Task objective:
Report how many lines in the data include "then", with the number as the only reply.

Records supplied:
-- ===== src/BootChecks/Constant.antt =====
-- The boot checks of lib/bootChecks.js against a node that gives the same answers to every attempt.
use wax_rng_oracle.Prelude.{
  ℕ, zero, suc, ◌+◌, ◌≤◌, String, ◌≡◌, refl, ap, ◌∙◌, Bool, true, false, ◌&&◌, Option, none, some,
  List, [], arith, ◌==◌, Bool-cases, ◌⊎◌, inl, inr,
}
use wax_rng_oracle.BootChecks.Rows.{
  Rpc, PublicKey, retryable, Lost, rpc_error, boot, Fetched, got, lost, fetch_active_public_key,
  fetch_oracle_index,
}
use wax_rng_oracle.BootChecks.{
  Status, started, Verified, unparseable, checked, Ending, visible, not_visible, Settings,
  catch_lost, with_key, attempt, read_chain, verdict, conclude, run_boot_checks,
}

-- The share is found consistent with the key that was read.
abbrev pub accepts : Verified → Bool
accepts unparseable = false
accepts (checked b names) = b

abbrev pub accepts_key : (PublicKey → Verified) → Fetched PublicKey → Bool
accepts_key verify (got k) = accepts (verify k)
accepts_key verify (lost e) = false

abbrev pub is_got {ℓ} : {A : Type ℓ} → Fetched A → Bool
is_got (got a) = true
is_got (lost e) = false

abbrev pub is_own : ℕ → Fetched ℕ → Bool
is_own share_index (got i) = i == share_index
is_own share_index (lost e) = false

module _ (c : Settings) (share_index : ℕ) (verify : PublicKey → Verified) where
  abbrev NotOk : Ending × List ℕ → Type 0
  NotOk r = (conclude share_index verify r.0).ok ≡ false

  abbrev Fails : (Status → Option Lost → Ending × List ℕ) → Type 0
  Fails next = (st : Status) (last : Option Lost) → st.ok ≡ false → NotOk (next st last)

  not_visible-NotOk :
      (st : Status) (last : Option Lost) → st.ok ≡ false → NotOk (not_visible st last, [])
  not_visible-NotOk st none h = h
  not_visible-NotOk st (some rpc_error) h = h
  not_visible-NotOk st (some (boot k)) h = h

  catch_lost-NotOk :
      (n : ℕ) (e : Lost) (st : Status) (next : Status → Option Lost → Ending × List ℕ)
      → st.ok ≡ false
      → Fails next
      → NotOk (catch_lost c n e st next)
  catch_lost-NotOk n rpc_error st next h go = go st (some rpc_error) h
  catch_lost-NotOk n (boot k) st next h go = elim (Bool-cases (retryable k)) [
    | inl again ↦ rw again (go (record st { rpc_reachable = true }) (some (boot k)) h)
    | inr never ↦ rw never h
  ]

  attempt-NotOk :
      (n : ℕ) (k : Fetched PublicKey) (i : Fetched ℕ) (st : Status)
      (next : Status → Option Lost → Ending × List ℕ)
      → (is_got k ≡ false) ⊎ (is_got i ≡ false)
      → st.ok ≡ false
      → Fails next
      → NotOk (attempt c n k i st next)
  attempt-NotOk n (lost e) i st next h o go = catch_lost-NotOk n e st next o go
  attempt-NotOk n (got k) (lost e) st next h o go = catch_lost-NotOk n e (with_key k st) next o go
  attempt-NotOk n (got k) (got i) st next (inl h) o go = absurd (cc)
  attempt-NotOk n (got k) (got i) st next (inr h) o go = absurd (cc)

  module _ (rpc : Rpc) (key owner : String) where
    read_chain-NotOk :
        (left n : ℕ) (st : Status) (last : Option Lost)
        → (is_got (fetch_active_public_key rpc key) ≡ false)
          ⊎ (is_got (fetch_oracle_index rpc owner) ≡ false)
        → st.ok ≡ false
        → NotOk (read_chain c (λ a. rpc) key owner left n st last)
    unfolding read_chain
    read_chain-NotOk zero n st last h o = not_visible-NotOk st last o
    read_chain-NotOk (suc left) n st last h o =
        attempt-NotOk n (fetch_active_public_key rpc key) (fetch_oracle_index rpc owner) st
          (read_chain c (λ a. rpc) key owner left (n + 1)) h o
          (λ st' last' o'. read_chain-NotOk left (n + 1) st' last' h o')

    verdict-ok : (v : Verified) (st : Status) → st.ok ≡ false → (verdict v st).ok ≡ accepts v
    verdict-ok unparseable st h = h
    verdict-ok (checked true names) st h = refl
    verdict-ok (checked false names) st h = h

    visible-ok :
        (k : PublicKey) (i : ℕ) (st : Status)
        → st.ok ≡ false
        → (conclude share_index verify (visible st k i)).ok
          ≡ (i == share_index && accepts (verify k))
    visible-ok k i st h = elim (Bool-cases (i == share_index)) [
      | inl same ↦ rw same (verdict-ok (verify k) (record st { oracle_index_matches = true }) h)
      | inr other ↦ rw other h
    ]

    read_chain-ok :
        (left : ℕ) (k : Fetched PublicKey) (i : Fetched ℕ)
        → fetch_active_public_key rpc key ≡ k
        → fetch_oracle_index rpc owner ≡ i
        → (conclude share_index verify
            (read_chain c (λ a. rpc) key owner (suc left) 1 started none).0).ok
          ≡ (is_own share_index i && accepts_key verify k)
    unfolding read_chain
    read_chain-ok left (got k) (got i) ek ei =
        rw (ek, ei) (visible-ok k i (with_key k started) refl)
    read_chain-ok left (lost e) i ek ei =
        read_chain-NotOk (suc left) 1 started none (inl (ap is_got ek)) refl ∙ ground arith
    read_chain-ok left (got k) (lost e) ek ei =
        read_chain-NotOk (suc left) 1 started none (inr (ap is_got ei)) refl

-- Against such a node, and with at least one attempt, the boot checks end with `ok` exactly when the
-- member's index and the active key can be read, the index is that of the share, and the library finds
-- the share consistent with the key.
pub run_boot_checks-constant :
    (c : Settings) (rpc : Rpc) (key owner : String) (share_index : ℕ)
    (verify : PublicKey → Verified)
    → 1 ≤ c.attempts
    → (run_boot_checks c (λ n. rpc) key owner share_index verify).0.ok ≡ (
        is_own share_index (fetch_oracle_index rpc owner)
        && accepts_key verify (fetch_active_public_key rpc key))
unfolding run_boot_checks
run_boot_checks-constant c rpc key owner share_index verify h = go c.attempts refl
  where
    go :
        (n : ℕ)
        → c.attempts ≡ n
        → (conclude share_index verify (read_chain c (λ a. rpc) key owner n 1 started none).0).ok
          ≡ (is_own share_index (fetch_oracle_index rpc owner)
              && accepts_key verify (fetch_active_public_key rpc key))
    go zero e = absurd (omega (arith, h, e))
    go (suc left) e =
        read_chain-ok c share_index verify rpc key owner left (fetch_active_public_key rpc key)
          (fetch_oracle_index rpc owner) refl refl
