-- ===== src/BootChecks/Delays.antt =====
-- How long the boot checks of lib/bootChecks.js wait, and when they get through.
use wax_rng_oracle.Prelude.{
  ℕ, zero, suc, ◌+◌, ◌-◌, ◌*◌, ◌^◌, ◌≤◌, String, true, Option, none, some, List, arith, leb, ltb,
  length, All, if◌then◌else◌, Bool-cases, inl, inr,
}
use wax_rng_oracle.BootChecks.Rows.{
  Rpc, PublicKey, retryable, Lost, rpc_error, boot, Fetched, got, lost, fetch_active_public_key,
  fetch_oracle_index,
}
use wax_rng_oracle.BootChecks.{
  Status, started, Verified, Ending, Settings, with_key, pause, catch_lost, attempt, read_chain,
  run_boot_checks,
}

module _ (c : Settings) where
  -- At most `most` pauses, and none above the maximum.
  pub record Bounded (most : ℕ) (delays : List ℕ) : Type 0 where
    pub few : length delays ≤ most
    pub short : All (λ d. d ≤ c.max_delay) delays

  abbrev Continues : ℕ → (Status → Option Lost → Ending × List ℕ) → Type 0
  Continues most next = (st : Status) (last : Option Lost) → Bounded most (next st last).1

  pause-Bounded :
      (n : ℕ) (delays : List ℕ)
      → Bounded (c.attempts - (n + 1)) delays
      → Bounded (c.attempts - n) (pause c n delays)
  pause-Bounded n delays b = elim (Bool-cases (ltb n c.attempts)) [
    | inl more ↦ rw more (record {
      few = ground (arith, more, b.few);
      short = (capped (c.base_delay * 2 ^ (n - 1)), b.short);
    })
    | inr last ↦ rw last (record { few = ground (arith, b.few); short = b.short })
  ]
    where
      capped : (d : ℕ) → (if leb c.max_delay d then c.max_delay else d) ≤ c.max_delay
      capped d = ground arith

  catch_lost-Bounded :
      (n : ℕ) (e : Lost) (st : Status) (next : Status → Option Lost → Ending × List ℕ)
      → Continues (c.attempts - (n + 1)) next
      → Bounded (c.attempts - n) (catch_lost c n e st next).1
  catch_lost-Bounded n rpc_error st next go = pause-Bounded n _ (go st (some rpc_error))
  catch_lost-Bounded n (boot k) st next go = elim (Bool-cases (retryable k)) [
    | inl again ↦
        rw again (pause-Bounded n _ (go (record st { rpc_reachable = true }) (some (boot k))))
    | inr never ↦ rw never (record { few = omega arith; short = tt })
  ]

  attempt-Bounded :
      (n : ℕ) (k : Fetched PublicKey) (i : Fetched ℕ) (st : Status)
      (next : Status → Option Lost → Ending × List ℕ)
      → Continues (c.attempts - (n + 1)) next
      → Bounded (c.attempts - n) (attempt c n k i st next).1
  attempt-Bounded n (got k) (got i) st next go = record { few = omega arith; short = tt }
  attempt-Bounded n (got k) (lost e) st next go = catch_lost-Bounded n e (with_key k st) next go
  attempt-Bounded n (lost e) i st next go = catch_lost-Bounded n e st next go

  read_chain-Bounded :
      (rpc : ℕ → Rpc) (key owner : String) (left n : ℕ) (st : Status) (last : Option Lost)
      → Bounded (c.attempts - n) (read_chain c rpc key owner left n st last).1
  unfolding read_chain
  read_chain-Bounded rpc key owner zero n st last = record { few = omega arith; short = tt }
  read_chain-Bounded rpc key owner (suc left) n st last =
      attempt-Bounded n (fetch_active_public_key (rpc n) key) (fetch_oracle_index (rpc n) owner) st
        (read_chain c rpc key owner left (n + 1))
        (λ st' last'. read_chain-Bounded rpc key owner left (n + 1) st' last')

-- Whatever the node answers, the boot checks pause at most once between two attempts, each time for
-- no longer than the maximum, and then end.
pub run_boot_checks-Bounded :
    (c : Settings) (rpc : ℕ → Rpc) (key owner : String) (share_index : ℕ)
    (verify : PublicKey → Verified)
    → Bounded c (c.attempts - 1) (run_boot_checks c rpc key owner share_index verify).1
unfolding run_boot_checks
run_boot_checks-Bounded c rpc key owner share_index verify =
    read_chain-Bounded c rpc key owner c.attempts 1 started none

Solution:
3